BEGIN DATA UNDER STUDY

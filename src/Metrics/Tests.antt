-- ===== src/Metrics/Tests.antt =====
-- Tests of the collection of metrics, with whole numbers for the floating-point values.
use edge_scpoe.Base.{ℕ, ◌-◌, ◌*◌, ◌/◌, ◌≡◌, refl, true, [], ◌∷◌, Option, none, some, leb, ltb}
use edge_scpoe.Base.Floats.{Floats}
use edge_scpoe.Base.Results.{Ensures}
use edge_scpoe.Text.{Bytes, codes, equal, pieces}
use edge_scpoe.Text.Numbers.{read_u64, read_word}
use edge_scpoe.Metrics.Cpu.{read_cpu_times, busy_since}
use edge_scpoe.Metrics.Collect.{Files, collect, new_collector}
use edge_scpoe.Metrics.Valid.{IsValid, collect-IsValid}
use edge_scpoe.Metrics.Sampled.{Shows, latest_of, latest_of-Shows}

-- A whole number in place of a `double`.
abbrev number : Bytes → Option (ℕ × Bytes)
number = read_u64

abbrev whole : Floats ℕ
whole = record {
  of_nat = λ n. n;
  minus = λ a b. a - b;
  times = λ a b. a * b;
  over = λ a b. a / b;
  at_most = leb;
  below = ltb;
  is_finite = λ n. true;
  to_u64 = λ n. n;
}

abbrev earlier : Option Bytes
earlier = some (codes "cpu  10 0 10 80 0 0 0 0 0 0\ncpu0 1\n")

abbrev now : Files
now = record {
  stat = some (codes "cpu  110 0 10 180 0 0 0 0 0 0\n");
  meminfo = some (codes "MemTotal:   8 kB\nMemFree: 1 kB\nMemAvailable:   2 kB\n");
  loadavg = some (codes "1 2 3 4/5 6\n");
  uptime = some (codes "77 5\n");
}

abbrev shut : Files
shut = record { stat = earlier; meminfo = none; loadavg = none; uptime = none }

busy :
    busy_since (read_cpu_times earlier) (record {
      user = 110;
      nice = 0;
      system = 10;
      idle = 180;
      iowait = 0;
      irq = 0;
      softirq = 0;
      steal = 0;
    })
    ≡ some (100, 200)
unfolding busy_since read_cpu_times equal pieces read_u64 read_word
busy = refl

collect-IsValid_example :
    Ensures (IsValid whole number) ((collect whole number now (new_collector earlier)).0)
collect-IsValid_example = collect-IsValid whole number now (new_collector earlier)

latest_of-Shows_example : Shows whole number (latest_of whole number earlier now (shut ∷ now ∷ []))
latest_of-Shows_example = latest_of-Shows whole number earlier now (shut ∷ now ∷ [])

END DATA UNDER STUDY

◆ TASK INSTRUCTIONS
Above are the entries. Copy exactly the part that opens with the line containing "shut = record" and closes with the line containing "busy = refl", and no more.

◆ REPLY TO THE TASK
shut = record { stat = earlier; meminfo = none; loadavg = none; uptime = none }

busy :
    busy_since (read_cpu_times earlier) (record {
      user = 110;
      nice = 0;
      system = 10;
      idle = 180;
      iowait = 0;
      irq = 0;
      softirq = 0;
      steal = 0;
    })
    ≡ some (100, 200)
unfolding busy_since read_cpu_times equal pieces read_u64 read_word
busy = refl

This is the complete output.